> _EXERCISE BRIEF_:
Work through the entries below and show every line in which "some" is found.

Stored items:
-- ===== src/Lock.antt =====
-- The commands of ntserv/interface.c that point at a planet or a player: locks, tractor and
-- pressor. The slot number comes from a packet, so it is any integer; one that passes the source's
-- test is used as an index. `draft_select` is
-- `inl_draft_select` (Draft), which `lock_player` hands over to while a draft is on.
use netrek_server.Base.{
  ℕ, ◌+◌, ◌*◌, Bool, true, false, not, ◌&&◌, ◌||◌, ◌==◌, ltb, Option, none, some, ℤ, pos, ◌-ℤ◌,
  abs_ℤ, if◌then◌else◌,
}
use netrek_server.Game.{
  Player, Client, Reply, accepted, ignored, refused, mine, set_mine, my_flags, flag, on_players,
  is_off, is_alive, is_free, max_player, max_planets,
}
use netrek_server.Bay.{bay_release}

unfoldable pub is_sub_in_locked : Client → Bool
is_sub_in_locked c = elim ((mine c).p_sub_in_for) [
  | none ↦ false
  | some s ↦
      let p = c.game.players s in
      (mine c).p_sub_in
      && p.p_sub_out
      && (elim (p.p_sub_out_for) [ none ↦ false | some t ↦ t == (mine c).p_no ])
      && not (is_free p.p_status)
]

-- The index that a number names if it is in `[0, bound)`.
abbrev pub index_below : ℕ → ℤ → Option ℕ
index_below bound (pos i) = if ltb i bound then some i else none
index_below bound (ℤ.negsuc _) = none

unfoldable pub lock_planet_on : Option ℕ → Client → Client × Reply
lock_planet_on none c = (c, ignored)
lock_planet_on (some i) c =
    if is_sub_in_locked c
    then (c, ignored)
    else (let p = mine c in
        (
          set_mine
              (record p {
                p_flags = record (p.p_flags) {
                  pllock = true;
                  plock = false;
                  orbit = false;
                  beamup = false;
                  beamdown = false;
                  bomb = false;
                };
                p_planet = i;
              })
              c,
          accepted,
        ))

unfoldable pub lock_planet : ℤ → Client → Client × Reply
unfolding lock_planet_on
lock_planet planet c =
    if not (is_off (mine c).p_inl_draft)
    then (c, ignored)
    else lock_planet_on (index_below max_planets planet) c

-- The player can be locked onto: alive, and seen unless the client is an observer.
unfoldable pub is_lockable : Client → ℕ → Bool
is_lockable c i =
    let p = c.game.players i in is_alive p.p_status && (not p.p_flags.cloak || c.is_observer)

unfoldable pub lock_player_on : Option ℕ → Client → Client × Reply
lock_player_on none c = (c, ignored)
lock_player_on (some i) c =
    if not (is_lockable c i) || is_sub_in_locked c
    then (c, ignored)
    else (let p = mine c in
        (
          set_mine
              (record p {
                p_playerl = i;
                p_flags = record (p.p_flags) {
                  plock = true;
                  pllock = false;
                  orbit = false;
                  beamup = false;
                  beamdown = false;
                  bomb = false;
                };
              })
              c,
          accepted,
        ))

unfoldable pub lock_player : (ℤ → Client → Client) → ℤ → Client → Client × Reply
unfolding lock_player_on
lock_player draft_select player c =
    if not (is_off (mine c).p_inl_draft)
    then (draft_select player c, accepted)
    else lock_player_on (index_below max_player player) c

abbrev pub tract_dist : ℕ
tract_dist = 6000

-- `hypot(dx, dy) < TRACTDIST * s_tractrng`, squared, with the range in tenths
unfoldable pub in_tractor_range : Player → Player → Bool
in_tractor_range p q =
    let dx = abs_ℤ (p.p_x -ℤ q.p_x) in
    let dy = abs_ℤ (p.p_y -ℤ q.p_y) in
    let range = tract_dist * p.p_ship.s_tractrng in ltb ((dx * dx + dy * dy) * 100) (range * range)

-- The test of both commands, `player > MAXPLAYER`, lets MAXPLAYER itself through.
abbrev pub beam_target : ℤ → Option ℕ
beam_target = index_below (max_player + 1)

-- The beam is switched on: both ships leave their berths and orbits.
unfoldable pub seize : ℕ → Client → Client
unfolding bay_release
seize v c =
    let freed = on_players (λ ps. bay_release c.me (bay_release v ps)) c in
    let adrift = record freed { game = flag v (λ f. record f { orbit = false }) freed.game } in
    let off = my_flags (λ f. record f { orbit = false }) adrift in
    set_mine
      (record (mine off) { p_tractor = v; p_flags = record ((mine off).p_flags) { tract = true } })
      off

unfoldable pub beams_off : Client → Client
beams_off = my_flags (λ f. record f { tract = false; press = false })

unfoldable pub tractor_on : Option ℕ → Client → Client × Reply
unfolding beams_off seize
tractor_on none c = (beams_off c, accepted)
tractor_on (some v) c =
    if (mine c).p_flags.cloak || v == (mine c).p_no || (c.game.players v).p_flags.cloak
    then (c, ignored)
    else if in_tractor_range (mine c) (c.game.players v)
    then (seize v c, accepted)
    else (c, ignored)

unfoldable pub tractor_player : ℤ → Client → Client × Reply
unfolding tractor_on
tractor_player player c =
    if not c.game.config.tractors_allowed then (c, ignored) else tractor_on (beam_target player) c

-- As `seize`, with the docked bits cleared once more and the pressor bit set.
unfoldable pub repel : ℕ → Client → Client
unfolding bay_release
repel v c =
    let freed = on_players (λ ps. bay_release c.me (bay_release v ps)) c in
    let adrift = record freed {
      game = flag v (λ f. record f { orbit = false; dock = false }) freed.game;
    } in
    let off = my_flags (λ f. record f { orbit = false; dock = false }) adrift in
    set_mine
      (record (mine off) {
        p_tractor = v;
        p_flags = record ((mine off).p_flags) { tract = true; press = true };
      })
      off

unfoldable pub pressor_on : Option ℕ → Client → Client × Reply
unfolding beams_off repel
pressor_on none c = (beams_off c, accepted)
pressor_on (some v) c =
    if (mine c).p_flags.press
    then (c, ignored)
    else if (mine c).p_flags.cloak
    then (c, refused (pos 1))
    else if (c.game.players v).p_flags.cloak
    then (c, ignored)
    else if in_tractor_range (mine c) (c.game.players v)
    then (repel v c, accepted)
    else (c, refused (pos 2))

unfoldable pub pressor_player : ℤ → Client → Client × Reply
unfolding pressor_on
pressor_player player c =
    if not c.game.config.tractors_allowed
    then (c, refused (pos 0))
    else pressor_on (beam_target player) c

> _RESULT OF THIS TASK_:
  ℕ, ◌+◌, ◌*◌, Bool, true, false, not, ◌&&◌, ◌||◌, ◌==◌, ltb, Option, none, some, ℤ, pos, ◌-ℤ◌,
  | some s ↦
      && (elim (p.p_sub_out_for) [ none ↦ false | some t ↦ t == (mine c).p_no ])
index_below bound (pos i) = if ltb i bound then some i else none
lock_planet_on (some i) c =
lock_player_on (some i) c =
tractor_on (some v) c =
pressor_on (some v) c =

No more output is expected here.